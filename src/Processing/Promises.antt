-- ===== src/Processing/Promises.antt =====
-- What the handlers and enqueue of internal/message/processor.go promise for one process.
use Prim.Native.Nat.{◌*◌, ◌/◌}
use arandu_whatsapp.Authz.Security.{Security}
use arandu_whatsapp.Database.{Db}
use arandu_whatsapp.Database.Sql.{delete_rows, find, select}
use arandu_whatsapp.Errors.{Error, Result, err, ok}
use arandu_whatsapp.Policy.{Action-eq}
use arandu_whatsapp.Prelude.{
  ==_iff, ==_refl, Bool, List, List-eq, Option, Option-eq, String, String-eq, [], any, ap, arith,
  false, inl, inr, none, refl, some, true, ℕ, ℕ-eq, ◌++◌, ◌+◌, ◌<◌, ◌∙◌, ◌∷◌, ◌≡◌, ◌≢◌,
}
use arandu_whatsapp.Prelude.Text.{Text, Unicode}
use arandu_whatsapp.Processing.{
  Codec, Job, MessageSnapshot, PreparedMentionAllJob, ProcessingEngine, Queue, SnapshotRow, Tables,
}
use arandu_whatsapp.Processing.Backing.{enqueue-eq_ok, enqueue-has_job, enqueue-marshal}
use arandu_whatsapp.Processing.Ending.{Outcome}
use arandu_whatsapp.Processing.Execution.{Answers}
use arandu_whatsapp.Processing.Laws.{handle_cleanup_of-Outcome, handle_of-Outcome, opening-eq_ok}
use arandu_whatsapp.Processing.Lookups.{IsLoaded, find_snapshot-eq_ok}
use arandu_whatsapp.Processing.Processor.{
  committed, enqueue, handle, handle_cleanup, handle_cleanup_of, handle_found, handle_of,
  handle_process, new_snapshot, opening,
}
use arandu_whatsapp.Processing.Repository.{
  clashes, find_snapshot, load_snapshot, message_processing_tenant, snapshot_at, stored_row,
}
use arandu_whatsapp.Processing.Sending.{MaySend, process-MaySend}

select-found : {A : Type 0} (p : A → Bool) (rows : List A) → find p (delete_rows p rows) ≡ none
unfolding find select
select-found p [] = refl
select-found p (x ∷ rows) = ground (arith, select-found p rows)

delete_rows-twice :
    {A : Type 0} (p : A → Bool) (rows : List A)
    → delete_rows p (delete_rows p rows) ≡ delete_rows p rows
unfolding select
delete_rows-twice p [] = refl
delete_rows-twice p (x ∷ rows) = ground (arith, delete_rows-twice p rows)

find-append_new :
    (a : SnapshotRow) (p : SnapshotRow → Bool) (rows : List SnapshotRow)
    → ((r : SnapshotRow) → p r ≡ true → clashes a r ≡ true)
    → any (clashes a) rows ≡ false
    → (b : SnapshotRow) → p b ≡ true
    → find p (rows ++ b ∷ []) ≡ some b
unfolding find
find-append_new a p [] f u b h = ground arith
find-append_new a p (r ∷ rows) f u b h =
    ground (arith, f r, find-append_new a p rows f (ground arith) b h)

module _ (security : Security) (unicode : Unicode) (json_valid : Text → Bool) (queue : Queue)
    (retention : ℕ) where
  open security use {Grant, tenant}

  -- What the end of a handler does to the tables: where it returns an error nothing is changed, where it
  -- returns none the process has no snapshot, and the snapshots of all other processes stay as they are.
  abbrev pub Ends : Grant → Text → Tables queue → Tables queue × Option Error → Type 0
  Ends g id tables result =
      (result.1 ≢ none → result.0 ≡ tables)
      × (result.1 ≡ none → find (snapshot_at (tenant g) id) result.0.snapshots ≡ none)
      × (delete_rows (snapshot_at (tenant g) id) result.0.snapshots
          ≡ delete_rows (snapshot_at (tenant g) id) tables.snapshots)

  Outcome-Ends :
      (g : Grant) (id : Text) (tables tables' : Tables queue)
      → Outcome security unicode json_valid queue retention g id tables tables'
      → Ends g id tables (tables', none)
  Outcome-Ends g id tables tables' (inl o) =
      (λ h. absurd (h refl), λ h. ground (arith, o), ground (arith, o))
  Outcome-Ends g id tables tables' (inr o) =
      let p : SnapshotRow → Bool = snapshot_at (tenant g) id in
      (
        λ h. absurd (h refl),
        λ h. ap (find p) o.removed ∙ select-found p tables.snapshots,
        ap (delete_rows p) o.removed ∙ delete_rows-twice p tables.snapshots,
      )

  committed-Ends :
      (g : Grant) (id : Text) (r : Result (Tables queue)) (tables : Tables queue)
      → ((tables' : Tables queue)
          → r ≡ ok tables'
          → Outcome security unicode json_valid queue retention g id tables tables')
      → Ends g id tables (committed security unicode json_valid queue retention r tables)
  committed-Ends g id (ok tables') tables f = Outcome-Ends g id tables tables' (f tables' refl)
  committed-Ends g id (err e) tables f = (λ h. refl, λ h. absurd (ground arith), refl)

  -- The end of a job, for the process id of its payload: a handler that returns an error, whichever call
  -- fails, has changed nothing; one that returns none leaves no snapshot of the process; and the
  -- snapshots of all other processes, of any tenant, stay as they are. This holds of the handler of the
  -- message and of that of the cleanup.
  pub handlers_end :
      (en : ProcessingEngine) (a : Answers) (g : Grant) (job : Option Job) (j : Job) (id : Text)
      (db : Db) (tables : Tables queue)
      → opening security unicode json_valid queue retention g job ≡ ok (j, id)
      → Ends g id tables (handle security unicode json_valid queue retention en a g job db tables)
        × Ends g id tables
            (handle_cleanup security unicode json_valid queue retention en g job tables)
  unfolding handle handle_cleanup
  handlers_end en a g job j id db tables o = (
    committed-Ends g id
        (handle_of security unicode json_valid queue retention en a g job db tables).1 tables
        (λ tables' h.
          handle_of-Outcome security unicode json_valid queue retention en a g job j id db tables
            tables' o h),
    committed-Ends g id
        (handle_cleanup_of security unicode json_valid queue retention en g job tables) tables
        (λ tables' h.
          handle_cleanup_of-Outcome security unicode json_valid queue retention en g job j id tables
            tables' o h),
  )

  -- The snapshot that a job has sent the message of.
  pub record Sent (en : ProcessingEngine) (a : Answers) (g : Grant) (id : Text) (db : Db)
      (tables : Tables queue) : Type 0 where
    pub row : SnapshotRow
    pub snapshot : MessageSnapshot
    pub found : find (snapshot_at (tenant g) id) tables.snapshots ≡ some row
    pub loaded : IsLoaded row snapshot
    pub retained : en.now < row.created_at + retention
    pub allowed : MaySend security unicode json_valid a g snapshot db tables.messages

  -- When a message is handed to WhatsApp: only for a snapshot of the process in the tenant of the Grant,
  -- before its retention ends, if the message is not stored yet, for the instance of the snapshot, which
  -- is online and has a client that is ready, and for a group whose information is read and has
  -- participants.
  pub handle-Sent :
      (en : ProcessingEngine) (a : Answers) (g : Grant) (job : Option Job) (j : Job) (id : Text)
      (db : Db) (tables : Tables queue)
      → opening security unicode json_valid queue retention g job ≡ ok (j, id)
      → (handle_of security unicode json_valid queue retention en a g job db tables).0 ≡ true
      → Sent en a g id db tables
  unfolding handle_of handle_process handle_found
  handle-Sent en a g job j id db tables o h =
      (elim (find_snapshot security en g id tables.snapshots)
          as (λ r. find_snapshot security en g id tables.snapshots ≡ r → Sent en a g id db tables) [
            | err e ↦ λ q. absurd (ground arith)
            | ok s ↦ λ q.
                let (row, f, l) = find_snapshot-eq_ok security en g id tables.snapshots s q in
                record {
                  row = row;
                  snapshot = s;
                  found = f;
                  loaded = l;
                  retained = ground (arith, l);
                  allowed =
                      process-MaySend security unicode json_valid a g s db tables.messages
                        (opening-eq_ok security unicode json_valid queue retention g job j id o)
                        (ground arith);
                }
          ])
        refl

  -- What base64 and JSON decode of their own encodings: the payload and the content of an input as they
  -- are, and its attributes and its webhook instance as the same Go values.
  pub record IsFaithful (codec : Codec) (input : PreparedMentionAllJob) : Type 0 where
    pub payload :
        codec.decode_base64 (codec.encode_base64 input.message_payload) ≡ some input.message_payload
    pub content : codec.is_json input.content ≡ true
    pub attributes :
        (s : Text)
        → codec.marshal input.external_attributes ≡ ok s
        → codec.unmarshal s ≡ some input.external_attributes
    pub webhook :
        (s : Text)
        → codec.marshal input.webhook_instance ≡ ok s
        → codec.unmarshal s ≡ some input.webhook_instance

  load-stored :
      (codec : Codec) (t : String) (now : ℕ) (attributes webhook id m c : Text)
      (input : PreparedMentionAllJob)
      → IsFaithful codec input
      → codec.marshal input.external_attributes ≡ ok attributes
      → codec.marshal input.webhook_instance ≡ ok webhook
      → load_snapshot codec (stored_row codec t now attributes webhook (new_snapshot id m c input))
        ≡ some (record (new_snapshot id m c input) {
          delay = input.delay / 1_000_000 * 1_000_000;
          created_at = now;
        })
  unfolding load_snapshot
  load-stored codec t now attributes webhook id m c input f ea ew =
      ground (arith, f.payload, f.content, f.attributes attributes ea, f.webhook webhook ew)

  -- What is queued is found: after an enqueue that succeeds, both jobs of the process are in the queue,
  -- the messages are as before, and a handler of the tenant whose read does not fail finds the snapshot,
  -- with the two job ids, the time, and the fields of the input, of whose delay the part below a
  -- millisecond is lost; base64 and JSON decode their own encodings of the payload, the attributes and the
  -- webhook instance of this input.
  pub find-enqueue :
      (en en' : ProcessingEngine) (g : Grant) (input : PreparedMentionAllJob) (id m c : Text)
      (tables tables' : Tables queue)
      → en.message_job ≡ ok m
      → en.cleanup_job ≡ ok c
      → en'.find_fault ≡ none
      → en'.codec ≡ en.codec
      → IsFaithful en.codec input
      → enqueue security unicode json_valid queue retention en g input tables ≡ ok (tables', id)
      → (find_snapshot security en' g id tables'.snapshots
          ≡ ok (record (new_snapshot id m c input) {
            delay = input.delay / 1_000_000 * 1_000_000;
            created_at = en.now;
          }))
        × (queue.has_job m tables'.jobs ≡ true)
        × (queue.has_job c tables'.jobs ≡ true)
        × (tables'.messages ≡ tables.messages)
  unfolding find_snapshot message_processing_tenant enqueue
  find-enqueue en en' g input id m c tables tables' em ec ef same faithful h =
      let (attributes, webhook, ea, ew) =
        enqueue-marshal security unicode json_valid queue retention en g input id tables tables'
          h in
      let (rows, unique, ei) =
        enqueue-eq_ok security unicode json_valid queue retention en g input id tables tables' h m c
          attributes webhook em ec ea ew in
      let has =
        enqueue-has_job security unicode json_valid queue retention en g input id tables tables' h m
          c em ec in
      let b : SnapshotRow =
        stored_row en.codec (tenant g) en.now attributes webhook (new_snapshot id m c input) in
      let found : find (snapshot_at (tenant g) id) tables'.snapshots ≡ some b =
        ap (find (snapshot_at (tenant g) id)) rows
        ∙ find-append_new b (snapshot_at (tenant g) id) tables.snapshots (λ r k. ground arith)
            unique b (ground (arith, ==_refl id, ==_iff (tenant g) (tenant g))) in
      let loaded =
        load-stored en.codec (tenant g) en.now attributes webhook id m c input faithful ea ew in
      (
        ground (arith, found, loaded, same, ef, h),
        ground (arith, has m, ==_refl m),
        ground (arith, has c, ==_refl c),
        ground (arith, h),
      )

Task to complete: All that belongs in the answer is the run of lines above from the line containing "module _ (security" through the line containing "-- What the end", exactly as written.

Task answer:
module _ (security : Security) (unicode : Unicode) (json_valid : Text → Bool) (queue : Queue)
    (retention : ℕ) where
  open security use {Grant, tenant}

  -- What the end of a handler does to the tables: where it returns an error nothing is changed, where it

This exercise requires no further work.